Stored data entries ▸
.....

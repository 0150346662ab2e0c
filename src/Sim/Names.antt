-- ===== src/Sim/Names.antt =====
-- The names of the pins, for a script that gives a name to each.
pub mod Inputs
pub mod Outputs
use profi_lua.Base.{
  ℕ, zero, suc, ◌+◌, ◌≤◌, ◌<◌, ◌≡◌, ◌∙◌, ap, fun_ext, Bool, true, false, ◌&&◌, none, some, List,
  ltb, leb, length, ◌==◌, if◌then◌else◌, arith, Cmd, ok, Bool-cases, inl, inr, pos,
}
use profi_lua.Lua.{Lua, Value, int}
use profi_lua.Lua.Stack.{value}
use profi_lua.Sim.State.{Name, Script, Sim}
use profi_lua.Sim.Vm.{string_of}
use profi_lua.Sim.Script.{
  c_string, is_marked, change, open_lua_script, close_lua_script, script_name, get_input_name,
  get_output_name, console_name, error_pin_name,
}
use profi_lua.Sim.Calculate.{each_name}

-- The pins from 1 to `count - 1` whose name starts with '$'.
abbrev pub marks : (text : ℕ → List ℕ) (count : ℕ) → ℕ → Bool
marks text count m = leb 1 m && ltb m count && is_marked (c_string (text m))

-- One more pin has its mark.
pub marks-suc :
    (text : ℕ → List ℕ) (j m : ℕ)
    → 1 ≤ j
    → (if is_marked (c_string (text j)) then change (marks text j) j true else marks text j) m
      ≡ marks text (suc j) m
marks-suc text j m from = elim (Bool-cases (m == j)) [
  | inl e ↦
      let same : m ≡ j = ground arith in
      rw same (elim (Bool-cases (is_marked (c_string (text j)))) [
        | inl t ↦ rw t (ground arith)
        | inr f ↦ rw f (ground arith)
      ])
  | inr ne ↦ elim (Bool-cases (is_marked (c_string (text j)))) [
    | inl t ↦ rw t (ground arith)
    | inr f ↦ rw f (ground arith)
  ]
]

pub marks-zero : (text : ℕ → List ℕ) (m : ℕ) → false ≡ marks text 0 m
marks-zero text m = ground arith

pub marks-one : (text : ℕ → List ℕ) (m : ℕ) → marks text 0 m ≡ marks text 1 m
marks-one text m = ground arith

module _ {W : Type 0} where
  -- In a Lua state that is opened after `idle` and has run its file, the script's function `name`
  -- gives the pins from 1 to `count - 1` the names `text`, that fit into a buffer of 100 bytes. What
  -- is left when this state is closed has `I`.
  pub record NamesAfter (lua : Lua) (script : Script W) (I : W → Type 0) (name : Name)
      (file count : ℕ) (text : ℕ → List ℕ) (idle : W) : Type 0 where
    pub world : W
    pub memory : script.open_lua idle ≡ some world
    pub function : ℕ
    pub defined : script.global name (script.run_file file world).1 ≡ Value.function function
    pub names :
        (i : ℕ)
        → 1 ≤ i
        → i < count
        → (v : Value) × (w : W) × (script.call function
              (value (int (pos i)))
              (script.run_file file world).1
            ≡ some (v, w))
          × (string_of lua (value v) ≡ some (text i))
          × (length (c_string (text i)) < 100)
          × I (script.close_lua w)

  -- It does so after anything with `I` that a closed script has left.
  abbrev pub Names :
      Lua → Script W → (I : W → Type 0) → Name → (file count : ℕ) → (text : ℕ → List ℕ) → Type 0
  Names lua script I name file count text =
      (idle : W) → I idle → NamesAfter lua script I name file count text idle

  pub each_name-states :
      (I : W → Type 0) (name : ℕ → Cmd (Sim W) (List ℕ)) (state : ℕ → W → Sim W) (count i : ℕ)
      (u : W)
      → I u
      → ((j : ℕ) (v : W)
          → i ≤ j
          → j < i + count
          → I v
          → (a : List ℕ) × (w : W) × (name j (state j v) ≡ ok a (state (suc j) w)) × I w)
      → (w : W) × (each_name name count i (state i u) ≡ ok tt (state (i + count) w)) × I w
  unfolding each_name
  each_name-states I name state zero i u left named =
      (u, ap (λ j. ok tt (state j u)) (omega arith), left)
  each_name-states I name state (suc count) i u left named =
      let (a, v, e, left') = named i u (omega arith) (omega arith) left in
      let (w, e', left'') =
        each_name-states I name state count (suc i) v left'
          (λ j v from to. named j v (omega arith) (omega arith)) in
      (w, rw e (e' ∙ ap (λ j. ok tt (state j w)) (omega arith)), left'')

.....

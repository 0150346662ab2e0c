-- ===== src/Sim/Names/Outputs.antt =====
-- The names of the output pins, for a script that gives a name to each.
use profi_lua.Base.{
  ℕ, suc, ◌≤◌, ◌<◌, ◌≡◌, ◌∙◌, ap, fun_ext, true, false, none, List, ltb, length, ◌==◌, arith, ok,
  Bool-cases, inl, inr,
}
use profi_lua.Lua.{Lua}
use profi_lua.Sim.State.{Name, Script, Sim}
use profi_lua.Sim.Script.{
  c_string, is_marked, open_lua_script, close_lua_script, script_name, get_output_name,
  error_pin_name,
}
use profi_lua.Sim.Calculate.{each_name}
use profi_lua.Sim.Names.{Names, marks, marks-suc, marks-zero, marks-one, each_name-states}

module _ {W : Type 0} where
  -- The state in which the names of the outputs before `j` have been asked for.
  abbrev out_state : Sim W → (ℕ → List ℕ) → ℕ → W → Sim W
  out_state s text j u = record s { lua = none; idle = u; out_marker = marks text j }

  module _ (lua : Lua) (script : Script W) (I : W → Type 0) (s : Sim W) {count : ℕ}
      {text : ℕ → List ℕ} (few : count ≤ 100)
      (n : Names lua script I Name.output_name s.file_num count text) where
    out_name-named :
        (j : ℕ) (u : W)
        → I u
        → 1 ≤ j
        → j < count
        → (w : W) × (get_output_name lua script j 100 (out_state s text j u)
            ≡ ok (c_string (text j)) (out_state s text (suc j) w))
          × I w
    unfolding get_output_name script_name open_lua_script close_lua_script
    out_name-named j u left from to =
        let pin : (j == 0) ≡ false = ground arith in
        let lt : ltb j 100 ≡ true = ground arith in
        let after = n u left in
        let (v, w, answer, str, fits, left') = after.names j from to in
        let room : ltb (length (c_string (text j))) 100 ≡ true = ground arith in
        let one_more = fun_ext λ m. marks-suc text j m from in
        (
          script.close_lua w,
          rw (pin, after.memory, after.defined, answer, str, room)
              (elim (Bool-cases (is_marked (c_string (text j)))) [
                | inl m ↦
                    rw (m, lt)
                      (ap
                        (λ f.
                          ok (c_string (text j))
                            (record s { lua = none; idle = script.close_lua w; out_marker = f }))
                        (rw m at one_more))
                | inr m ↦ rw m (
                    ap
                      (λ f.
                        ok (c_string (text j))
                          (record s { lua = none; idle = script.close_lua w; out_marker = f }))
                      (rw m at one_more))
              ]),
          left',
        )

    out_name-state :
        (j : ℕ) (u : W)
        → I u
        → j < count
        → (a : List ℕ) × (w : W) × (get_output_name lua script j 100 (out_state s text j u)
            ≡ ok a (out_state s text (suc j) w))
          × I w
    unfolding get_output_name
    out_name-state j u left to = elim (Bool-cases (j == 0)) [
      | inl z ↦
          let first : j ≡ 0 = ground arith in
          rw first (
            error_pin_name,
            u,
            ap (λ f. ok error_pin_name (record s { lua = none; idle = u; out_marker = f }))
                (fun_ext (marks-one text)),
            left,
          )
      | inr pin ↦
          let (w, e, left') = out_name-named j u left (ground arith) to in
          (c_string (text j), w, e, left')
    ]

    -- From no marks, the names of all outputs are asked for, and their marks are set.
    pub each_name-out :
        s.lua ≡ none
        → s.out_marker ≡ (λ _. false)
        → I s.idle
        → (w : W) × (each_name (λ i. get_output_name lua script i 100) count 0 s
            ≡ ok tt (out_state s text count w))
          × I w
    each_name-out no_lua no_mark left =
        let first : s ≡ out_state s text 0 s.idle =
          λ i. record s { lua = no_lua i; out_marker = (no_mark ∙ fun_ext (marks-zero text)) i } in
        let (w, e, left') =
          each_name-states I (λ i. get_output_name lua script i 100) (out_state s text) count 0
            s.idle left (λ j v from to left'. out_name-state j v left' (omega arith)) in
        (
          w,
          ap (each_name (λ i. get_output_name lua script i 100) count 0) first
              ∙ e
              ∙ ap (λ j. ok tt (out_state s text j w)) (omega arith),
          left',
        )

.....

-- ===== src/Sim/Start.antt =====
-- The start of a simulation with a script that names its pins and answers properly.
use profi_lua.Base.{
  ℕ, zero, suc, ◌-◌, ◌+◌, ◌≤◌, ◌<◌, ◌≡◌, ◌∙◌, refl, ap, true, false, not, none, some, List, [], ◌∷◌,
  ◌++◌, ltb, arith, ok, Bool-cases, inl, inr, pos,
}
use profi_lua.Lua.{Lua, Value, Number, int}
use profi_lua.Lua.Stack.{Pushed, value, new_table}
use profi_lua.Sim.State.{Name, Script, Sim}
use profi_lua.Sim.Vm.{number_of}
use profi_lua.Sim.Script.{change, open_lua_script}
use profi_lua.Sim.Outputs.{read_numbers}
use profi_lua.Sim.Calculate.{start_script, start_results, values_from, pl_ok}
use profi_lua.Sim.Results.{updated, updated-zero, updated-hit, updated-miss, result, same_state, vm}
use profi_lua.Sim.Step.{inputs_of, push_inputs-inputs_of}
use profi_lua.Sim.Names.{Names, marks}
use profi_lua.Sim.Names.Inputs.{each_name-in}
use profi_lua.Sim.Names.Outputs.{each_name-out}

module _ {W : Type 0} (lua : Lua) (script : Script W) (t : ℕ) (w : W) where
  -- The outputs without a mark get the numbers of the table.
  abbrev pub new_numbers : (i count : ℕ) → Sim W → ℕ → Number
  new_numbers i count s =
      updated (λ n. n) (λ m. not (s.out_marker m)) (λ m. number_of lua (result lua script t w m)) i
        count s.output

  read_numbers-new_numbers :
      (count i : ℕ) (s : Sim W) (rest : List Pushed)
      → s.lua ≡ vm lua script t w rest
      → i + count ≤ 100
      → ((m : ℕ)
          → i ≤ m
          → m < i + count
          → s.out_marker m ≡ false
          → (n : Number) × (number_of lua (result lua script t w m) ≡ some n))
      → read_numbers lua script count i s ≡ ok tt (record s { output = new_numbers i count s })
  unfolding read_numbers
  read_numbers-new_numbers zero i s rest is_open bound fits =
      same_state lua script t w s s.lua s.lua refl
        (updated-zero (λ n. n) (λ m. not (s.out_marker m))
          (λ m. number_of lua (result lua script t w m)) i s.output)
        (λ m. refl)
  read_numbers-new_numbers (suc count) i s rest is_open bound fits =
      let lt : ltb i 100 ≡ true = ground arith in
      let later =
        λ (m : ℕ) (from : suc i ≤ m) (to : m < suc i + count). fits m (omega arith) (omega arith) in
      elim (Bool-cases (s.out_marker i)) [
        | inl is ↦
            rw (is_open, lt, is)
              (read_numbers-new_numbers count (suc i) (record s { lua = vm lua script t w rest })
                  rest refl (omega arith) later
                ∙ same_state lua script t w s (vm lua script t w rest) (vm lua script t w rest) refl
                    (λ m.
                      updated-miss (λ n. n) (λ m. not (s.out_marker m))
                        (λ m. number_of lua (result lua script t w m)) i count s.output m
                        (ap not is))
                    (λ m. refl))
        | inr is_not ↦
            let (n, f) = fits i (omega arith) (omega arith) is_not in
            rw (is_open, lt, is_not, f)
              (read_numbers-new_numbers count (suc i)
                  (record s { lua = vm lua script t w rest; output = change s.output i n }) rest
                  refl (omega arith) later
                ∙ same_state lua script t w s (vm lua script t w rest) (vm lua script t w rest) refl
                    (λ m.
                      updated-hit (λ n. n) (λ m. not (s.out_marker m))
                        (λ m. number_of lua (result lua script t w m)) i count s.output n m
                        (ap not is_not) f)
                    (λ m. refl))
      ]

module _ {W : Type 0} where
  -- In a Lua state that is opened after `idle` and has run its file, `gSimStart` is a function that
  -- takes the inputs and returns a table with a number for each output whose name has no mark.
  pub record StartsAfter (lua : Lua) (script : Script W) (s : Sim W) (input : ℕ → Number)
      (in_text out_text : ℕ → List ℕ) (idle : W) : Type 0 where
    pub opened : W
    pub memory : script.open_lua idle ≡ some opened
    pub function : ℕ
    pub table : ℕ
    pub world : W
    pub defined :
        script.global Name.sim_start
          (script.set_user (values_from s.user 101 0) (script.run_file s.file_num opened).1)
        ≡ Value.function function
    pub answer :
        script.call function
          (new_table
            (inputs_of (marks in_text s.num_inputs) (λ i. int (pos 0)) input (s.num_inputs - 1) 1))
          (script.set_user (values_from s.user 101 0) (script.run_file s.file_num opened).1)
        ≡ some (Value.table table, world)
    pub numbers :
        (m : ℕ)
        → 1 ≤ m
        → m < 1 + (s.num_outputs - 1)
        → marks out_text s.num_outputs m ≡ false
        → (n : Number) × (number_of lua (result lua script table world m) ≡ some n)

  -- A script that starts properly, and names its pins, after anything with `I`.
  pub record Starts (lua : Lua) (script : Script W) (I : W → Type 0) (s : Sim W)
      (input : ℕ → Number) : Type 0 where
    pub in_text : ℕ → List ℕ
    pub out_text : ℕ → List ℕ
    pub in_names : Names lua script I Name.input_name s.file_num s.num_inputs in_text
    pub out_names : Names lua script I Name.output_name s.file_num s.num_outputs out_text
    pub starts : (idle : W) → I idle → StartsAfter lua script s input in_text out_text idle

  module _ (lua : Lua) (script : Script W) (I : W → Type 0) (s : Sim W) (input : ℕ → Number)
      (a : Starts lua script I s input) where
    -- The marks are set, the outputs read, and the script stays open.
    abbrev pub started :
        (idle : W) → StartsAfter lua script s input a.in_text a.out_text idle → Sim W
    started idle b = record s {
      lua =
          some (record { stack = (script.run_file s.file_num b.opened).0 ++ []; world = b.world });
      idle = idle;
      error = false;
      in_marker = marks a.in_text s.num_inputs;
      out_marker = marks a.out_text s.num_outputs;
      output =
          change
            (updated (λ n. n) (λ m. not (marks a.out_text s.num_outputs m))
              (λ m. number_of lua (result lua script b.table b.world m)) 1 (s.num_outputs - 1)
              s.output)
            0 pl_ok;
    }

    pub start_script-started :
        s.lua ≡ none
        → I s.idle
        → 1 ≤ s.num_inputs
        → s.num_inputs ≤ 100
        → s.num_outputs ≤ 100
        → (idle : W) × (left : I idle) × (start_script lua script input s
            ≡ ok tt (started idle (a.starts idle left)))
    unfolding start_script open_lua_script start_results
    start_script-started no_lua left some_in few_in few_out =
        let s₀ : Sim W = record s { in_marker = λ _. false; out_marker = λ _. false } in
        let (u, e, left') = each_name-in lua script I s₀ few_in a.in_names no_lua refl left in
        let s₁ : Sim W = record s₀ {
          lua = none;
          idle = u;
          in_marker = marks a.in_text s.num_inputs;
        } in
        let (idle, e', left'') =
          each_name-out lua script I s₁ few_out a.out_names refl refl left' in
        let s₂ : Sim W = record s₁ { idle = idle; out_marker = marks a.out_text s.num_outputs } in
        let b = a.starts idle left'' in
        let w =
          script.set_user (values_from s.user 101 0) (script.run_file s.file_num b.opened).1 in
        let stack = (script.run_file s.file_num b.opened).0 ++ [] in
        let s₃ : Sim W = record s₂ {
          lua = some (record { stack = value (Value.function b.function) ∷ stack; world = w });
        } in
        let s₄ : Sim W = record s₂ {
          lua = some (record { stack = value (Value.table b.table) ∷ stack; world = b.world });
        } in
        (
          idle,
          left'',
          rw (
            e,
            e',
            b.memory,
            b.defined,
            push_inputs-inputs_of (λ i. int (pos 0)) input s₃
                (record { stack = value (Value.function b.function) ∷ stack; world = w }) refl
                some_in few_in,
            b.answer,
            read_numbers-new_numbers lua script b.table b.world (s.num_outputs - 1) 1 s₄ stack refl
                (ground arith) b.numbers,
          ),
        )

.....

WHAT THIS TASK INVOLVES ▸
Only lines with the word "later" are needed. Copy them from the preceding records.

THE ANSWER ▸
      let later =
                  rest refl (omega arith) later
                  refl (omega arith) later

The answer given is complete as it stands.